■ Task goal
Which lines in the records below contain the word "rest"? Copy each one.

(Collected data entries)
+ + + +

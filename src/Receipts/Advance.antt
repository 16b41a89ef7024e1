-- ===== src/Receipts/Advance.antt =====
-- `should_advance` of src/orphan_reconcile/reconcile.rs: how far a final status is after receipts
-- that come in any order.
use messgr.Base.{
  ℕ, suc, ◌+◌, ◌≤◌, ◌<◌, max, String, ◌≡◌, refl, ap, subst, ◌∙◌, inl, inr, true, false, Option,
  none, some, List, [], ◌∷◌, arith, ltb, if◌then◌else◌, ◌==◌, beq_eq, Bool-cases, length, All,
  contains, nat_eq, string_eq, option_eq, list_eq,
}
use mathlib.Core.Logic.{∥∥₁_elim}
use mathlib.Core.List.{Perm, Permᴰ}
use native.Mathlib.Nat.{ℕ_set}
use messgr.Receipts.Status.{
  status_order, absorbing_statuses, position, is_later, is_recognized_event_type, should_advance,
}

contains-All {κ} :
    (P : String → Type κ) (x : String) (xs : List String) → contains x xs ≡ true → All P xs → P x
contains-All P x [] h all = absurd (cc h)
contains-All P x (y ∷ ys) h all = elim (Bool-cases (y == x)) [
  | inl e ↦ subst P (beq_eq y x e) all.0
  | inr e ↦ contains-All P x ys (ground (arith, e, h)) all.1
]

-- No status is on both lists.
absorbing_unordered :
    (s : String) → contains s absorbing_statuses ≡ true → position s status_order ≡ none
absorbing_unordered s h =
    contains-All (λ x. position x status_order ≡ none) s absorbing_statuses h
      (refl, (refl, (refl, (refl, (refl, (refl, (refl, (refl, tt))))))))

position-some :
    (s : String) (xs : List String)
    → contains s xs ≡ true
    → (n : ℕ) × (position s xs ≡ some n) × (n < length xs)
position-some s [] h = absurd (cc h)
position-some s (x ∷ xs) h = elim (Bool-cases (x == s)) [
  | inl e ↦ (0, rw e refl, omega arith)
  | inr e ↦
      let (n, at, bound) = position-some s xs (rw e at h) in (suc n, rw (e, at) refl, omega arith)
]

-- How final a status is: nothing yet, the ordered ones, the absorbing ones.
unfoldable pub rank : Option String → ℕ
rank none = 0
rank (some s) =
    if contains s absorbing_statuses
    then 5
    else elim (position s status_order) [ none ↦ 0 | some n ↦ n + 1 ]

-- The final status after a receipt.
unfoldable pub advanced : Option String → String → Option String
advanced cur event_type = if should_advance cur event_type then some event_type else cur

abbrev pub IsStatus : Option String → Type 0
IsStatus none = Unit
IsStatus (some s) = is_recognized_event_type s ≡ true

rank_absorbing : (s : String) → contains s absorbing_statuses ≡ true → rank (some s) ≡ 5
unfolding rank
rank_absorbing s h = rw h refl

rank_ordered :
    (s : String)
    → IsStatus (some s)
    → contains s absorbing_statuses ≡ false
    → (n : ℕ) × (position s status_order ≡ some n) × (rank (some s) ≡ n + 1) × (n < 4)
unfolding rank is_recognized_event_type
rank_ordered s h e =
    let (n, at, bound) = position-some s status_order (ground (arith, h, e)) in
    (n, at, rw (e, at) refl, bound)

rank-le : (s : String) → IsStatus (some s) → rank (some s) ≤ 5
rank-le s h = elim (Bool-cases (contains s absorbing_statuses)) [
  | inl e ↦ let r = rank_absorbing s e in omega arith
  | inr e ↦ let (n, at, r, bound) = rank_ordered s h e in omega arith
]

module _ (c e : String) (hc : IsStatus (some c)) (he : IsStatus (some e)) where
  advanced_to :
      should_advance (some c) e ≡ true
      → rank (some c) ≤ rank (some e)
      → (rank (advanced (some c) e) ≡ max (rank (some c)) (rank (some e)))
        × IsStatus (advanced (some c) e)
  unfolding advanced
  advanced_to h le = rw h (omega arith, he)

  advanced_not :
      should_advance (some c) e ≡ false
      → rank (some e) ≤ rank (some c)
      → (rank (advanced (some c) e) ≡ max (rank (some c)) (rank (some e)))
        × IsStatus (advanced (some c) e)
  unfolding advanced
  advanced_not h le = rw h (omega arith, hc)

  advance_absorbing : contains e absorbing_statuses ≡ true → should_advance (some c) e ≡ true
  unfolding should_advance
  advance_absorbing h = rw h refl

  advance_ordered :
      contains e absorbing_statuses ≡ false
      → should_advance (some c) e ≡ is_later (position c status_order) (position e status_order)
  unfolding should_advance
  advance_ordered h = rw h refl

  advanced-some :
      (rank (advanced (some c) e) ≡ max (rank (some c)) (rank (some e)))
      × IsStatus (advanced (some c) e)
  advanced-some = elim (Bool-cases (contains e absorbing_statuses)) [
    | inl ae ↦
        let five = rank_absorbing e ae in
        let most = rank-le c hc in advanced_to (advance_absorbing ae) (omega arith)
    | inr oe ↦
        let (n, at_n, rank_n, below) = rank_ordered e he oe in
        elim (Bool-cases (contains c absorbing_statuses)) [
          | inl ac ↦
              let five = rank_absorbing c ac in
              advanced_not
                (advance_ordered oe
                  ∙ ap (λ p. is_later p (position e status_order)) (absorbing_unordered c ac))
                (omega arith)
          | inr oc ↦
              let (m, at_m, rank_m, under) = rank_ordered c hc oc in
              let test : should_advance (some c) e ≡ ltb m n =
                advance_ordered oe ∙ (rw (at_m, at_n) refl) in
              elim (Bool-cases (ltb m n)) [
                | inl lt ↦ advanced_to (test ∙ lt) (ground arith)
                | inr ge ↦ advanced_not (test ∙ ge) (ground arith)
              ]
        ]
  ]

advanced-rank :
    (cur : Option String) (event_type : String)
    → IsStatus cur
    → IsStatus (some event_type)
    → (rank (advanced cur event_type) ≡ max (rank cur) (rank (some event_type)))
      × IsStatus (advanced cur event_type)
unfolding advanced should_advance
advanced-rank none e h k = let zero_rank : rank none ≡ 0 = unfold rank in refl in (omega arith, k)
advanced-rank (some c) e h k = advanced-some c e h k

-- The final status after receipts, in the order in which they are promoted.
unfoldable pub advanced_by : Option String → List String → Option String
unfolding advanced
advanced_by cur [] = cur
advanced_by cur (e ∷ rest) = advanced_by (advanced cur e) rest

unfoldable pub highest : ℕ → List String → ℕ
unfolding rank
highest n [] = n
highest n (e ∷ rest) = max (rank (some e)) (highest n rest)

highest-max : (m n : ℕ) (es : List String) → highest (max m n) es ≡ max m (highest n es)
unfolding highest
highest-max m n [] = refl
highest-max m n (e ∷ rest) = let ih = highest-max m n rest in omega arith

highest-le : (n : ℕ) (es : List String) → n ≤ highest n es
unfolding highest
highest-le n [] = omega arith
highest-le n (e ∷ rest) = let ih = highest-le n rest in omega arith

advanced_by-rank :
    (cur : Option String) (es : List String)
    → IsStatus cur
    → All (λ e. IsStatus (some e)) es
    → rank (advanced_by cur es) ≡ highest (rank cur) es
unfolding advanced_by highest
advanced_by-rank cur [] h k = refl
advanced_by-rank cur (e ∷ rest) h k =
    let (step, ok_) = advanced-rank cur e h k.0 in
    let ih = advanced_by-rank (advanced cur e) rest ok_ k.1 in
    let flip : rank (advanced cur e) ≡ max (rank (some e)) (rank cur) = omega arith in
    ih ∙ ap (λ n. highest n rest) flip ∙ highest-max (rank (some e)) (rank cur) rest

highest-Permᴰ : (n : ℕ) {es fs : List String} → Permᴰ es fs → highest n es ≡ highest n fs
unfolding highest
highest-Permᴰ n Permᴰ.nil = refl
highest-Permᴰ n (Permᴰ.cons e p) =
    let head = ap (λ x. rank (some x)) e in let tail = highest-Permᴰ n p in omega arith
highest-Permᴰ n (Permᴰ.swap {l = l} e f) =
    let first = ap (λ x. rank (some x)) e in let second = ap (λ x. rank (some x)) f in omega arith
highest-Permᴰ n (Permᴰ.trans p q) = highest-Permᴰ n p ∙ highest-Permᴰ n q

-- For a final status and receipts of recognized types: whatever order the same receipts are promoted
-- in, the final status becomes as final as the most final of them and of what it was, and no less
-- final than it was.
pub advanced_by-Perm :
    (cur : Option String) (es fs : List String)
    → IsStatus cur
    → All (λ e. IsStatus (some e)) es
    → All (λ e. IsStatus (some e)) fs
    → Perm es fs
    → (rank (advanced_by cur es) ≡ rank (advanced_by cur fs))
      × (rank (advanced_by cur es) ≡ highest (rank cur) es)
      × (rank cur ≤ rank (advanced_by cur es))
advanced_by-Perm cur es fs h he hf p =
    let by_es = advanced_by-rank cur es h he in
    let by_fs = advanced_by-rank cur fs h hf in
    let same_highest : highest (rank cur) es ≡ highest (rank cur) fs =
      ∥∥₁_elim p (ℕ_set _ _) (highest-Permᴰ (rank cur)) in
    let grown = highest-le (rank cur) es in (omega arith, by_es, omega arith)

+ + + +

■ Solution
advanced_by cur (e ∷ rest) = advanced_by (advanced cur e) rest
highest n (e ∷ rest) = max (rank (some e)) (highest n rest)
highest-max m n (e ∷ rest) = let ih = highest-max m n rest in omega arith
highest-le n (e ∷ rest) = let ih = highest-le n rest in omega arith
advanced_by-rank cur (e ∷ rest) h k =
    let ih = advanced_by-rank (advanced cur e) rest ok_ k.1 in
    ih ∙ ap (λ n. highest n rest) flip ∙ highest-max (rank (some e)) (rank cur) rest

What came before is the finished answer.